▶ Activity: Only the stretch of the listing below that runs from the line with "unfoldable pub site_of_key : String → String" through the line with "-- The content" is to be printed, exactly and with both ends.

▶ Records shown:
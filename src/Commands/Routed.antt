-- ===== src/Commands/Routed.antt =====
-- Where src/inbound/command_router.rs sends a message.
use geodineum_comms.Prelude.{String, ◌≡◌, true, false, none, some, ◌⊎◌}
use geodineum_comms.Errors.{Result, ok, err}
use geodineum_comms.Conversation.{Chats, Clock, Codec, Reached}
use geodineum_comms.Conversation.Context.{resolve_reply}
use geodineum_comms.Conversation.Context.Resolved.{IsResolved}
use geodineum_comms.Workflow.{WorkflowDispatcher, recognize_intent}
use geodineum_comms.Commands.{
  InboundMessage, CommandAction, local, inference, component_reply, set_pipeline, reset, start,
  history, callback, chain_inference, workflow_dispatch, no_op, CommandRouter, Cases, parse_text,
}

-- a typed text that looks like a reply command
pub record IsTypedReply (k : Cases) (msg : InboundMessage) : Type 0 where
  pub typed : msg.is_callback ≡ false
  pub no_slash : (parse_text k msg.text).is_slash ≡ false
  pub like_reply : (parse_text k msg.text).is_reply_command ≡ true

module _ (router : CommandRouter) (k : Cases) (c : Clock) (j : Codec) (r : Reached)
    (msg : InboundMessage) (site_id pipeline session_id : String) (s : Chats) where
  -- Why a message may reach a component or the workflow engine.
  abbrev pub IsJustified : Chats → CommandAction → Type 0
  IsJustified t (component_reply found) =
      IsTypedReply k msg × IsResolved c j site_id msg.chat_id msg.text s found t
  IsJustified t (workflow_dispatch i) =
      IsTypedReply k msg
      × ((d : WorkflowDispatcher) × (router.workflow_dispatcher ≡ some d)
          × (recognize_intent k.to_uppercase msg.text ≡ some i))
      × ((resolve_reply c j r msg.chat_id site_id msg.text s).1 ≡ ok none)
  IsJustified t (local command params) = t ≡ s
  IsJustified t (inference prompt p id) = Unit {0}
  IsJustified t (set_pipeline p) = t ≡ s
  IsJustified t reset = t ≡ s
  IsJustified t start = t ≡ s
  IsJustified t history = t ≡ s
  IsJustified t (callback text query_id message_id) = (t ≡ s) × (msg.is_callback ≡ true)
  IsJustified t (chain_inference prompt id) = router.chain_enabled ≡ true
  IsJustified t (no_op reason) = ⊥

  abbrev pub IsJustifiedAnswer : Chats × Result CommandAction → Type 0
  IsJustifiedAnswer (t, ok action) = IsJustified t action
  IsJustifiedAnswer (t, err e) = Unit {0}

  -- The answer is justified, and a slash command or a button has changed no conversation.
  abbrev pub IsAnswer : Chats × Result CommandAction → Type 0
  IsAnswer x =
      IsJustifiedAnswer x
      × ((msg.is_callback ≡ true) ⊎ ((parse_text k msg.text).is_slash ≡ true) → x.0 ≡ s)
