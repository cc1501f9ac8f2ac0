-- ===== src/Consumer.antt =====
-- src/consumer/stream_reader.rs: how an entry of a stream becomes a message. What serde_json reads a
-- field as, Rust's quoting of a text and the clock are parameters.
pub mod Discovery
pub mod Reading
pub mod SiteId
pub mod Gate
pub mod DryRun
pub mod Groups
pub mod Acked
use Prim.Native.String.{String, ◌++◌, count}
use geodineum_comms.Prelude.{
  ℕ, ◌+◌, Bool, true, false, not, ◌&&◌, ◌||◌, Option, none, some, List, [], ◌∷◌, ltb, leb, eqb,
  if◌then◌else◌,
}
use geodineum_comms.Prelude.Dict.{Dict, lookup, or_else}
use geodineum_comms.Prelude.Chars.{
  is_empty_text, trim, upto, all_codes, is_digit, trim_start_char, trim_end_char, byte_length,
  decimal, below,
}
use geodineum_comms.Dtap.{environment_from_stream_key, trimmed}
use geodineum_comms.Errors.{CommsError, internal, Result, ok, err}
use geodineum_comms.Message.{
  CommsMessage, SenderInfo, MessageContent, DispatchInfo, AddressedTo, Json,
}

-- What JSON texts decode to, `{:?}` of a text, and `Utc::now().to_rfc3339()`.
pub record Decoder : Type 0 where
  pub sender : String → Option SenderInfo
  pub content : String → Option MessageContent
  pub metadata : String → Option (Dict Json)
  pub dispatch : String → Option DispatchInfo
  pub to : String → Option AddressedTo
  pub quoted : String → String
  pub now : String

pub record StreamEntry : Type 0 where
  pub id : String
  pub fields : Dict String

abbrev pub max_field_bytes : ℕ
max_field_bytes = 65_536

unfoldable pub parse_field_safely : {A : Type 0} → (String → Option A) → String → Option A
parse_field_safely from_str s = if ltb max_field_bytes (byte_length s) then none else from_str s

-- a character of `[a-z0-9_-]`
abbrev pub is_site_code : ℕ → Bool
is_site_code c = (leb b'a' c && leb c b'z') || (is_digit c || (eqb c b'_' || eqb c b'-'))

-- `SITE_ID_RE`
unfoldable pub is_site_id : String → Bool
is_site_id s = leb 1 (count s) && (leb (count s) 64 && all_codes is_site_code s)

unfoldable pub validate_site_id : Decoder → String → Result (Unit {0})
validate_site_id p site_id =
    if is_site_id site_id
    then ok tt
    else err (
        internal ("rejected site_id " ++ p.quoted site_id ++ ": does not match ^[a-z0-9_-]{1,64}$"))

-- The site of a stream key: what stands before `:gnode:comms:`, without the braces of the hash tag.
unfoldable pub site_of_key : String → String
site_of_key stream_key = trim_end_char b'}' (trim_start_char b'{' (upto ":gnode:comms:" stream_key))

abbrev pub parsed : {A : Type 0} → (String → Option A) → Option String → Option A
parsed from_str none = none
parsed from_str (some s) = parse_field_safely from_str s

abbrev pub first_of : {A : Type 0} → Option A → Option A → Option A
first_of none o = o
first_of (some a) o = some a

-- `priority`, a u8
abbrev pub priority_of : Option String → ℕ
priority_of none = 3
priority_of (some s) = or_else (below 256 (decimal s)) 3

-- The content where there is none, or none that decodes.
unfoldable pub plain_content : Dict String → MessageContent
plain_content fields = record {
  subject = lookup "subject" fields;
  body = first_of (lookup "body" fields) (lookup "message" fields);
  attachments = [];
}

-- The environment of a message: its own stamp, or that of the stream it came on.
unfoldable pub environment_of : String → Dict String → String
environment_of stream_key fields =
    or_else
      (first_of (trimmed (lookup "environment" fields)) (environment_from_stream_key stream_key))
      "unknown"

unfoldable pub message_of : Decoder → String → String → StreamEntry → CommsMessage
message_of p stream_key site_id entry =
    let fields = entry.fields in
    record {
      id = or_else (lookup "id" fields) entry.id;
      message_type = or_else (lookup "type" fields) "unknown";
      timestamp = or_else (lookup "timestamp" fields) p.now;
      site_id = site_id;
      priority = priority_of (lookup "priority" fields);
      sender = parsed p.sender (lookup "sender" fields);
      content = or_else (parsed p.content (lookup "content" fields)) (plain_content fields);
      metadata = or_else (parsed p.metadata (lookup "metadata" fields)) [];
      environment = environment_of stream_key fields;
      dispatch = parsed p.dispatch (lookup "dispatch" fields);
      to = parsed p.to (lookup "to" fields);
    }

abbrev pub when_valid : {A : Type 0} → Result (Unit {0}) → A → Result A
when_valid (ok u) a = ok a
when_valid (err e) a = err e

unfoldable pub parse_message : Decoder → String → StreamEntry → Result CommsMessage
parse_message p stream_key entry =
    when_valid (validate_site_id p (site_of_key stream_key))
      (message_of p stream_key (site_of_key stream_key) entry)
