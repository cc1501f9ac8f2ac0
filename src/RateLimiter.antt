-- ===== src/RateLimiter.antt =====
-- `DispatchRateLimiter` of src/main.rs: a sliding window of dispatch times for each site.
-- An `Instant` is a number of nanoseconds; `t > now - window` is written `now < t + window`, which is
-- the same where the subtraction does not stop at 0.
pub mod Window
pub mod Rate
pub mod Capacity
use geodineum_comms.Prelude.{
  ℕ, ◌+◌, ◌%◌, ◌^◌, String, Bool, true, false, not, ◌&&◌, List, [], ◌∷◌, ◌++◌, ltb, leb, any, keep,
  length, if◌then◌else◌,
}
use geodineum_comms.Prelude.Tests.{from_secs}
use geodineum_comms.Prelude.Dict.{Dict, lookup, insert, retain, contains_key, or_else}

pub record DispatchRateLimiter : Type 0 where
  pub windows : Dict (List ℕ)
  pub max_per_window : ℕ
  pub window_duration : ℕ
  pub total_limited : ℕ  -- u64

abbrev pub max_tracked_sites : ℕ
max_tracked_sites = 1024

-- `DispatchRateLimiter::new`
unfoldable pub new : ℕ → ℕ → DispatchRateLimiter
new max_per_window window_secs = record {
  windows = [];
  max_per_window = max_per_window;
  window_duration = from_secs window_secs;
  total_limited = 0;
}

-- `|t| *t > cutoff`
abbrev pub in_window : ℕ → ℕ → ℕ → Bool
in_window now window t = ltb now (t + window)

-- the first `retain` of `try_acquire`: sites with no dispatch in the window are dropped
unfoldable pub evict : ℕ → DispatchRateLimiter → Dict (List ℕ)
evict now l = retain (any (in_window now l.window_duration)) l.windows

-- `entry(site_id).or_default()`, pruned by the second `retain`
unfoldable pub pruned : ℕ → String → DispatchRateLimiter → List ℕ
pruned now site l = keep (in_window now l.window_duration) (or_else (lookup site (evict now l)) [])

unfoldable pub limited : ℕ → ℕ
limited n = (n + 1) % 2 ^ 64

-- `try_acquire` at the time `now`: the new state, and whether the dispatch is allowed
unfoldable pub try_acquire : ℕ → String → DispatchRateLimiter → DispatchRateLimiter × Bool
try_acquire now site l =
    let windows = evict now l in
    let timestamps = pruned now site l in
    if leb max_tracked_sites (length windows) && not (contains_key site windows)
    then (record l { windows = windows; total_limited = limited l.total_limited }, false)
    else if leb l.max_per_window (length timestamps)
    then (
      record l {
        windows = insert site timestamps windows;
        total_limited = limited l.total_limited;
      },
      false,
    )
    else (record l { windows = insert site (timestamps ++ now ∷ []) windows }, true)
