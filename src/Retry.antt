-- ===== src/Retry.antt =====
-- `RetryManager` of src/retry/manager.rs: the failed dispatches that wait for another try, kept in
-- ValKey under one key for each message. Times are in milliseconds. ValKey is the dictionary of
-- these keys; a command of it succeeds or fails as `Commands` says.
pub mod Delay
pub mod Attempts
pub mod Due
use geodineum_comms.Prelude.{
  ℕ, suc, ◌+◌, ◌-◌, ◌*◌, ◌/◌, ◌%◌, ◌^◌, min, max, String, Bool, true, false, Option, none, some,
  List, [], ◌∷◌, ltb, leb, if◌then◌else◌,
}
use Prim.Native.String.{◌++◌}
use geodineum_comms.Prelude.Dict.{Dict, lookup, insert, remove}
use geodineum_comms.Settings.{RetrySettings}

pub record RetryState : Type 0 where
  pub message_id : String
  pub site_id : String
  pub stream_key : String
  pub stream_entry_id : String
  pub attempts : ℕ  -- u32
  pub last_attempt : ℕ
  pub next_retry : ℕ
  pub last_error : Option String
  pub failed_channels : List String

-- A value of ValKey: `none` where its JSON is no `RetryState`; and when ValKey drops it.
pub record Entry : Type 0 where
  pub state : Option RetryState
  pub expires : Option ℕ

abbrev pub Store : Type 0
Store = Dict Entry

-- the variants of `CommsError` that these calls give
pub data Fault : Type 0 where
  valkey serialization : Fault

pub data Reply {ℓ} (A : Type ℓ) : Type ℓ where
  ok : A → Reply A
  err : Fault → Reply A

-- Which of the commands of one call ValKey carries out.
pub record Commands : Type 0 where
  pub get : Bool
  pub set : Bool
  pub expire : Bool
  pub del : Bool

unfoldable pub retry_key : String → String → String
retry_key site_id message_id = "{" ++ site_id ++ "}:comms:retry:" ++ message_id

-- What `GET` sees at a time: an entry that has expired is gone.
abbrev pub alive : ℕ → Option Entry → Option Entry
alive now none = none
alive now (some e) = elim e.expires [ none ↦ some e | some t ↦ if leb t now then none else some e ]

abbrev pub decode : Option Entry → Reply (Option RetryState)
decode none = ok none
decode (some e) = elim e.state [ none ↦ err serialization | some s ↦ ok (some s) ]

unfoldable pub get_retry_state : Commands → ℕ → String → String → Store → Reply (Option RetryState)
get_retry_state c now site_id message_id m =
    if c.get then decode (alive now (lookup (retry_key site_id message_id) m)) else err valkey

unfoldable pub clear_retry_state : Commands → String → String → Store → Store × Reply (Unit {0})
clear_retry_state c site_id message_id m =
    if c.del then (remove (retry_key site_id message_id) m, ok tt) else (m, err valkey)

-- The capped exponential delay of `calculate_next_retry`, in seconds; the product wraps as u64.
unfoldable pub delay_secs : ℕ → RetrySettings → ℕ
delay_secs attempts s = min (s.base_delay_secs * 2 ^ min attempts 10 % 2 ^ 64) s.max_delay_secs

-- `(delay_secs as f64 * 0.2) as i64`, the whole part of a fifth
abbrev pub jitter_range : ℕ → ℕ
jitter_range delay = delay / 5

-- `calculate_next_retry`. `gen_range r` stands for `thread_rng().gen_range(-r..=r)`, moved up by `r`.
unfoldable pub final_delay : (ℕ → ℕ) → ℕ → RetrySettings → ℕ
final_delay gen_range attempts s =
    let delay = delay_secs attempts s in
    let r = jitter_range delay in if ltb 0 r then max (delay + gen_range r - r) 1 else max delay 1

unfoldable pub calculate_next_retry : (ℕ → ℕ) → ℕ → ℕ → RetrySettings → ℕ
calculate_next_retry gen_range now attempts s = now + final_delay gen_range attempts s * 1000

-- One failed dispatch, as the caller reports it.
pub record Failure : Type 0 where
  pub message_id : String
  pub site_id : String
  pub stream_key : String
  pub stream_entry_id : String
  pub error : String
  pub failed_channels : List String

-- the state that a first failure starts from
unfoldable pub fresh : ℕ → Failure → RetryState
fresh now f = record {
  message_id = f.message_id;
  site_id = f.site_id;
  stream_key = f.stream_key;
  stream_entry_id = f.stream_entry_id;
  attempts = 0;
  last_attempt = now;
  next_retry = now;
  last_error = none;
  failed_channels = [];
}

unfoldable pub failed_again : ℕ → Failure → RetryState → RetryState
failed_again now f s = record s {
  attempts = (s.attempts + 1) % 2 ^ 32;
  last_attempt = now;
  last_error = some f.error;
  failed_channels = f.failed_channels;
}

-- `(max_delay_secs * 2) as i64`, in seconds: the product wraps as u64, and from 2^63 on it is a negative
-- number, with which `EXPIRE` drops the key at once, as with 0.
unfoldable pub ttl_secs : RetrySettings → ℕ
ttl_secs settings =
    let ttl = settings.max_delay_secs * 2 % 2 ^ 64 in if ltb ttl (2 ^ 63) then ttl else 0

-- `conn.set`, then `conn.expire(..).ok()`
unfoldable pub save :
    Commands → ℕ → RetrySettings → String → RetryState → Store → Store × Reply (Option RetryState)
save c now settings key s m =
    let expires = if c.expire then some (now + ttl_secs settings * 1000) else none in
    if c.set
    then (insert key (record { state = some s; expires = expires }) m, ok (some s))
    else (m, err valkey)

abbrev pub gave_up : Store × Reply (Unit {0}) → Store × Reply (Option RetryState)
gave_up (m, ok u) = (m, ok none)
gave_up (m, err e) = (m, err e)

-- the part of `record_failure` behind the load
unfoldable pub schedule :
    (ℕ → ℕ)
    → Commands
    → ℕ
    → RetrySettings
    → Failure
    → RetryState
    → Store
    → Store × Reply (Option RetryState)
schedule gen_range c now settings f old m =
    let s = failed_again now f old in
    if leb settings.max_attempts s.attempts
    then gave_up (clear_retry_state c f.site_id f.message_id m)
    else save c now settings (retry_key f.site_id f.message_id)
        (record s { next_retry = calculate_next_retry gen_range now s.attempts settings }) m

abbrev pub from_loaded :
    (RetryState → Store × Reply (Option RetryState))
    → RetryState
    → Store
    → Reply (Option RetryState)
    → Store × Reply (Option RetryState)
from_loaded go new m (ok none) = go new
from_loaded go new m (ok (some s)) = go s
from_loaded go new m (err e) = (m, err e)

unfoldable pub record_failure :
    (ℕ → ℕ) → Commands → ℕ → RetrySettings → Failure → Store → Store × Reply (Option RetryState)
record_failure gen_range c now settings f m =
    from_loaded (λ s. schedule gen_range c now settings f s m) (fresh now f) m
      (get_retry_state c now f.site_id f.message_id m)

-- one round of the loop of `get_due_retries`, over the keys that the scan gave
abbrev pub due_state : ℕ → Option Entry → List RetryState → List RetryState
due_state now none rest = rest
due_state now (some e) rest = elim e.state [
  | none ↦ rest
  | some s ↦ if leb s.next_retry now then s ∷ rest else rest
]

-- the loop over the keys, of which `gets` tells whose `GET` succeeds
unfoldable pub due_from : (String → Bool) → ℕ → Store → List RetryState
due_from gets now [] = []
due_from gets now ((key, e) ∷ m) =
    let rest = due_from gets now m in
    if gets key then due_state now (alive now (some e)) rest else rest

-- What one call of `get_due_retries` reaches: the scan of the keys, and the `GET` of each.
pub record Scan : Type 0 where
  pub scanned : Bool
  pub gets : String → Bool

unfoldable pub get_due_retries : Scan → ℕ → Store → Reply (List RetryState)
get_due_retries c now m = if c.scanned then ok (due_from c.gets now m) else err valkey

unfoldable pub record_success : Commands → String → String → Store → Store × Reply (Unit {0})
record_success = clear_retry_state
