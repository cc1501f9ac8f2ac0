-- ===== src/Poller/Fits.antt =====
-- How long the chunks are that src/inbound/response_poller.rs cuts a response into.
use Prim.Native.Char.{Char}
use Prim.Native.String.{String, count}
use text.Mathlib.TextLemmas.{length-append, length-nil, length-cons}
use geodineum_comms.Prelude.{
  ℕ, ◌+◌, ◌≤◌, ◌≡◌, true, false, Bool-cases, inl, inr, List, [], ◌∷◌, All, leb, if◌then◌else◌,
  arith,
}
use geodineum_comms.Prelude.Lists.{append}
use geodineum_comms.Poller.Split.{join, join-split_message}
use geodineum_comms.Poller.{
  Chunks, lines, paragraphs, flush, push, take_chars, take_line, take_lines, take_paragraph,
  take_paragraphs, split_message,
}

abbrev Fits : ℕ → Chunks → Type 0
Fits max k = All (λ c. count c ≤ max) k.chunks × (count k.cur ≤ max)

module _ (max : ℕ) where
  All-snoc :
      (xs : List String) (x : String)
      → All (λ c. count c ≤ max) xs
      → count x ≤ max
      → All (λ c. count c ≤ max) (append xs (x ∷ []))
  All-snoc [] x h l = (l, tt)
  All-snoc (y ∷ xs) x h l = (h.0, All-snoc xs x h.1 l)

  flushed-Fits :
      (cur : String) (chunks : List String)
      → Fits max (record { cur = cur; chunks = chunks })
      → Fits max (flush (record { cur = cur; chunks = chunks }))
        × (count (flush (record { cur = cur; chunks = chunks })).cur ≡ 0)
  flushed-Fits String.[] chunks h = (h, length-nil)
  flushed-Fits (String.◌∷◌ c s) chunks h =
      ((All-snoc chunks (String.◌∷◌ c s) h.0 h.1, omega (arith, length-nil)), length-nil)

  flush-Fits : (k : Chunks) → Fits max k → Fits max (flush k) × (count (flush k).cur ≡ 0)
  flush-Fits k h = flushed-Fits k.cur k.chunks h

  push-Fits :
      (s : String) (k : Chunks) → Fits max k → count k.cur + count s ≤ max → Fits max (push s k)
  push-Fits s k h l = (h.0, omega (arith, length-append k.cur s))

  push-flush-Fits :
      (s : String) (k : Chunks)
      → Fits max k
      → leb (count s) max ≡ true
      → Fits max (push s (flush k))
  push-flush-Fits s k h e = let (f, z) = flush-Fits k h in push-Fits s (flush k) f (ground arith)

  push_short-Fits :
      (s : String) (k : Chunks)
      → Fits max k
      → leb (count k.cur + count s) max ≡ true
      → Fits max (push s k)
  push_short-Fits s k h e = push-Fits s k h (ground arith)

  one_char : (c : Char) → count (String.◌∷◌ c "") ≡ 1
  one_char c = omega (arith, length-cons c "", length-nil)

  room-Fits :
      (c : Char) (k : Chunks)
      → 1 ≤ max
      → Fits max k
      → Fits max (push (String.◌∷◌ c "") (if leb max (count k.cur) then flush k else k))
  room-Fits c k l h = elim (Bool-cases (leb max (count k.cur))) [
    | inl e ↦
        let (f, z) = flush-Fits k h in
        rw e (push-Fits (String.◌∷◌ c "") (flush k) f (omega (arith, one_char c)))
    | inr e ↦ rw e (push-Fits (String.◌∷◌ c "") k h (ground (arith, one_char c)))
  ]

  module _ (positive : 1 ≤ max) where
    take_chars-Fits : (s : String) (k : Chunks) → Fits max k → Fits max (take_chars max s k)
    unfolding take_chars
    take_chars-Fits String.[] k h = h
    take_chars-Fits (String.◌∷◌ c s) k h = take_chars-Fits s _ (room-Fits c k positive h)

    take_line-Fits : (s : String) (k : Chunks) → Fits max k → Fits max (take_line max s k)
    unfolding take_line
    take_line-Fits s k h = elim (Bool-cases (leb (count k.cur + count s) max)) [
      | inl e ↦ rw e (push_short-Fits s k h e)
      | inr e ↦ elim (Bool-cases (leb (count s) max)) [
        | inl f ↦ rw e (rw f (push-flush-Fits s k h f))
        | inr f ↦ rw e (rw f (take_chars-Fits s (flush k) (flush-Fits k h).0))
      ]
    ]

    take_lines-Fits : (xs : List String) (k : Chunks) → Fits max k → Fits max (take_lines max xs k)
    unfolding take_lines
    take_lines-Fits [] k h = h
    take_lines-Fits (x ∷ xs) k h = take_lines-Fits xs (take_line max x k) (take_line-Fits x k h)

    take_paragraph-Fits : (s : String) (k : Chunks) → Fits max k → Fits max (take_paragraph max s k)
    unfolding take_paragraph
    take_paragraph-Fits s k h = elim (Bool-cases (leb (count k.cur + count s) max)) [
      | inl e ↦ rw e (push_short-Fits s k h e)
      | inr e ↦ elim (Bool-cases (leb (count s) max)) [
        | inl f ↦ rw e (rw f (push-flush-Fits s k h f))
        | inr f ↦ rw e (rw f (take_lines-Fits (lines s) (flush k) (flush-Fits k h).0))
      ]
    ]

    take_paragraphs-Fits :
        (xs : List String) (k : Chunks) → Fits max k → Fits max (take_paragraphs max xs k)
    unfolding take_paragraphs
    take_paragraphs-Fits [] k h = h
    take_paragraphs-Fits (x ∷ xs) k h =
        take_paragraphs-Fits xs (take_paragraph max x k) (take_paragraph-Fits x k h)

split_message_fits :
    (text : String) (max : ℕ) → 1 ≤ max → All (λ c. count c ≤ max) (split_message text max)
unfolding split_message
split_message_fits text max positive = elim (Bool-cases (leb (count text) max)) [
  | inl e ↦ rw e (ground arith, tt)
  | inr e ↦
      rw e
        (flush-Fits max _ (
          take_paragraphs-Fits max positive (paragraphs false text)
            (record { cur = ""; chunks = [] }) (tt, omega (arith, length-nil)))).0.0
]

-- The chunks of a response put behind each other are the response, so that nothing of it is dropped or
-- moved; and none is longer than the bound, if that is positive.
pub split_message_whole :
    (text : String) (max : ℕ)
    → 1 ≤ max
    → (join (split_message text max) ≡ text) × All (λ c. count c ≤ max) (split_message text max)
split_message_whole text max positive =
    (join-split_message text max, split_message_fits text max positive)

▶ Exercise result:
unfoldable pub site_of_key : String → String
site_of_key stream_key = trim_end_char b'}' (trim_start_char b'{' (upto ":gnode:comms:" stream_key))

abbrev pub parsed : {A : Type 0} → (String → Option A) → Option String → Option A
parsed from_str none = none
parsed from_str (some s) = parse_field_safely from_str s

abbrev pub first_of : {A : Type 0} → Option A → Option A → Option A
first_of none o = o
first_of (some a) o = some a

-- `priority`, a u8
abbrev pub priority_of : Option String → ℕ
priority_of none = 3
priority_of (some s) = or_else (below 256 (decimal s)) 3

-- The content where there is none, or none that decodes.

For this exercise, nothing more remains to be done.